COPYRIGHT AND LICENCE
=====================

This suite of programs is free software; you can redistribute it and/or
modify it under the terms of the GNU General Public License as published by the
Free Software Foundation; either version 2 of the License, or (at your option) 
any later version.

This program is distributed in the hope that it will be useful, but WITHOUT ANY
WARRANTY; without even the implied warranty of MERCHANTABILITY or FITNESS FOR A
PARTICULAR PURPOSE.  See the GNU General Public License for more details.

You should have received a copy of the GNU General Public License along with 
this program; if not, write to the Free Software Foundation, Inc., 59 Temple 
Place - Suite 330, Boston, MA  02111-1307, USA.

Note: The text of the GNU General Public License is provided in the file 
'GPL' that you should have received with this distribution. 

Copyright (C) 2003 Siddharth Patwardhan and Ted Pedersen

This library is free software; you can redistribute it and/or modify
it under the same terms as Perl itself. 



ACKNOWLEDGEMENTS
================

We would like to thank the following for their support and contribution
towards the development of this package. We thank Jason Rennie for his
QueryData package, the WordNet guys at Princeton for WordNet, Resnik,
Hirst, St. Onge, Jiang, Conrath, Lin, Leacock and Chodorow for their
algorithms and work on the relatedness measures. We also thank Bano
(Satanjeev Banerjee) for his work on the adapted lesk module.



REFERENCES
==========

(1) Leacock C. and Chodorow M. 1998. Combining local context and WordNet
    similarity for word sense identification. In Fellbaum 1998,
    pp. 265-283.

(2) Jiang J. and Conrath D. 1997. Semantic similarity based on corpus
    statistics and lexical taxonomy. In Proceedings of International
    Conference on Research in Computational Linguistics, Taiwan.

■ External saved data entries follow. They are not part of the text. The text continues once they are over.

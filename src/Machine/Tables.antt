-- ===== src/Machine/Tables.antt =====
-- The rows that the statements on machine identities read and write. Times are Unix seconds; NOW() is
-- an argument of each transaction.
use keylo.Base.{ℕ, String, Bool, Option, List}
use keylo.Organizations.Tables as Organizations

-- The columns of service_clients that these statements read.
pub record ServiceClient : Type 0 where
  pub service_id : String
  pub scope_kind : String
  pub organization_id : Option String
  pub active : Bool

-- device_principal_scopes
pub record DeviceScope : Type 0 where
  pub principal_id : String
  pub scope_kind : String
  pub organization_id : Option String

-- machine_credentials
pub record MachineCredential : Type 0 where
  pub key_id : String
  pub prefix : String
  pub secret_hash : String
  pub principal_id : String
  pub organization_id : Option String
  pub status : String
  pub expires_at : Option ℕ
  pub last_used_at : Option ℕ
  pub created_by_principal_id : Option String
  pub allowed_scopes : List String
  pub allowed_audiences : List String
  pub revoked_at : Option ℕ
  pub revoke_reason : Option String
  pub created_at : ℕ
  pub updated_at : ℕ

-- The tables of organizations, principals and memberships stand in `directory`.
pub record Db : Type 0 where
  pub directory : Organizations.Db
  pub service_clients : List ServiceClient
  pub device_principal_scopes : List DeviceScope
  pub machine_credentials : List MachineCredential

(3) Resnik P. 1995. Using information content to evaluate semantic
    similarity. In Proceedings of the 14th International Joint Conference
    on Artificial Intelligence, pages 448-453, Montreal.

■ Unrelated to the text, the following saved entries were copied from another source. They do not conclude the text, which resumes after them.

-- ===== src/Machine/Scope.antt =====
-- The fixed scope of a machine principal: `lock_machine_principal_scope`,
-- `machine_principal_context_is_active_in_transaction` and what they call in src/db/machine.rs.
pub mod Agreement
use keylo.Base.Text.{is_blank, trim}
use keylo.Base.Results.{Result, ok, err, ◌>>=◌, ok_or}
use keylo.Base.{
  String, Bool, true, false, not, ◌&&◌, ◌||◌, Option, none, some, ◌==◌, any, find, if◌then◌else◌,
}
use keylo.Session.Tables.{is_none, same_text}
use keylo.Organizations.Tables.{Principal, Failure, bail, ensure, is_membership}
use keylo.Organizations.Tables as Organizations
use keylo.Organizations.Managers.{is_active_member}
use keylo.Machine.Tables.{ServiceClient, DeviceScope, Db}

pub record MachinePrincipalScope : Type 0 where
  pub principal : Principal
  pub scope_kind : String
  pub organization_id : Option String

-- A scope row: the kind, the organization, and whether the machine itself is active.
pub record ScopeRow : Type 0 where
  pub scope_kind : String
  pub organization_id : Option String
  pub active : Bool

abbrev pub normalize_organization_id : Option String → Result (Option String) Failure
normalize_organization_id none = ok none
normalize_organization_id (some id) =
    if is_blank id then err (bail "machine_scope_invalid") else ok (some (trim id))

abbrev pub scope_kind_from_organization : Option String → String
scope_kind_from_organization none = "platform"
scope_kind_from_organization (some id) = "organization"

abbrev pub scope_is_well_formed : String → Option String → Bool
scope_is_well_formed kind none = kind == "platform"
scope_is_well_formed kind (some id) = kind == "organization"

abbrev pub service_row : Option ServiceClient → Option ScopeRow
service_row none = none
service_row (some s) =
    some
      (record { scope_kind = s.scope_kind; organization_id = s.organization_id; active = s.active })

abbrev pub device_row : Option DeviceScope → Option ScopeRow
device_row none = none
device_row (some d) =
    some (record { scope_kind = d.scope_kind; organization_id = d.organization_id; active = true })

-- match principal.principal_type
unfoldable pub scope_row : Db → Principal → Option ScopeRow
scope_row db p =
    if p.principal_type == "service"
    then service_row (find (λ s. s.service_id == p.ref_id) db.service_clients)
    else if p.principal_type == "device"
    then device_row (find (λ d. d.principal_id == p.id) db.device_principal_scopes)
    else none

abbrev pub is_active_organization : Option Organizations.Organization → Bool
is_active_organization none = false
is_active_organization (some o) = o.status == "active"

abbrev pub lock_active_organization : Db → String → Result Unit Failure
lock_active_organization db organization_id =
    ensure (is_active_organization (find (λ o. o.id == organization_id) db.directory.organizations))
      "machine_organization_context_inactive"

abbrev pub lock_active_organization_membership : Db → String → String → Result Unit Failure
lock_active_organization_membership db organization_id principal_id =
    lock_active_organization db organization_id >>= λ _.
    ensure
      (is_active_member
        (find (is_membership organization_id principal_id) db.directory.organization_memberships))
      "machine_organization_membership_inactive"

abbrev pub lock_expected : Db → Option String → String → Result Unit Failure
lock_expected db none principal_id = ok tt
lock_expected db (some organization_id) principal_id =
    lock_active_organization_membership db organization_id principal_id

unfoldable pub lock_machine_principal_scope :
    Db → String → Option String → Result MachinePrincipalScope Failure
lock_machine_principal_scope db principal_id expected =
    ok_or (bail "machine_principal_not_found")
      (find (λ p. p.id == principal_id) db.directory.principals)
    >>= λ p. ensure p.active "machine_principal_inactive" >>= λ _.
        ok_or (bail "machine_principal_type_invalid") (scope_row db p) >>= λ s.
        ensure (s.active && scope_is_well_formed s.scope_kind s.organization_id)
          "machine_principal_scope_invalid"
        >>= λ _. ensure (same_text s.organization_id expected) "machine_scope_mismatch" >>= λ _.
            lock_expected db expected p.id >>= λ _. ok (record {
              principal = p;
              scope_kind = s.scope_kind;
              organization_id = s.organization_id;
            })

-- SELECT 1 FROM organizations INNER JOIN organization_memberships …
abbrev pub has_membership : Db → Option String → String → Bool
has_membership db none principal_id = true
has_membership db (some organization_id) principal_id =
    any (λ o. o.id == organization_id && o.status == "active") db.directory.organizations
    && any (λ m. is_membership organization_id principal_id m && m.status == "active")
        db.directory.organization_memberships

abbrev pub row_is_active : Db → Principal → Option String → Option ScopeRow → Bool
row_is_active db p expected none = false
row_is_active db p expected (some s) =
    if not s.active
      || not (scope_is_well_formed s.scope_kind s.organization_id)
      || not (same_text s.organization_id expected)
    then false
    else has_membership db expected p.id

unfoldable pub machine_principal_context_is_active : Db → Principal → Option String → Bool
machine_principal_context_is_active db p expected = row_is_active db p expected (scope_row db p)

abbrev pub well_formed : Principal → Option ScopeRow → Option MachinePrincipalScope
well_formed p none = none
well_formed p (some s) =
    if scope_is_well_formed s.scope_kind s.organization_id
    then some
        (record { principal = p; scope_kind = s.scope_kind; organization_id = s.organization_id })
    else none

abbrev pub scope_of : Db → Option Principal → Option MachinePrincipalScope
scope_of db none = none
scope_of db (some p) = well_formed p (scope_row db p)

unfoldable pub get_machine_principal_scope : Db → String → Option MachinePrincipalScope
get_machine_principal_scope db principal_id =
    scope_of db (find (λ p. p.id == principal_id) db.directory.principals)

(4) Lin D. 1998. An information-theoretic definition of similarity. In
    Proceedings of the 15th International Conference on Machine Learning,
    Madison, WI.

(5) Hirst G. and St-Onge D. 1998. Lexical Chains as representations of
    context for the detection and correction of malapropisms. In Fellbaum
    1998, pp. 305-332.

(6) Budanitsky A. and Hirst G. 2001. Semantic distance in WordNet: An
    experimental, application-oriented evaluation of five measures. In
    Workshop on WordNet and Other Lexical Resources, Second meeting of the
    North American Chapter of the Association for Computational
    Linguistics. Pittsburgh, PA.

(7) Fellbaum C., editor. WordNet: An electronic lexical database. MIT Press, 
    1998. 

(README: Last Updated 03/10/2003 -- Sid.)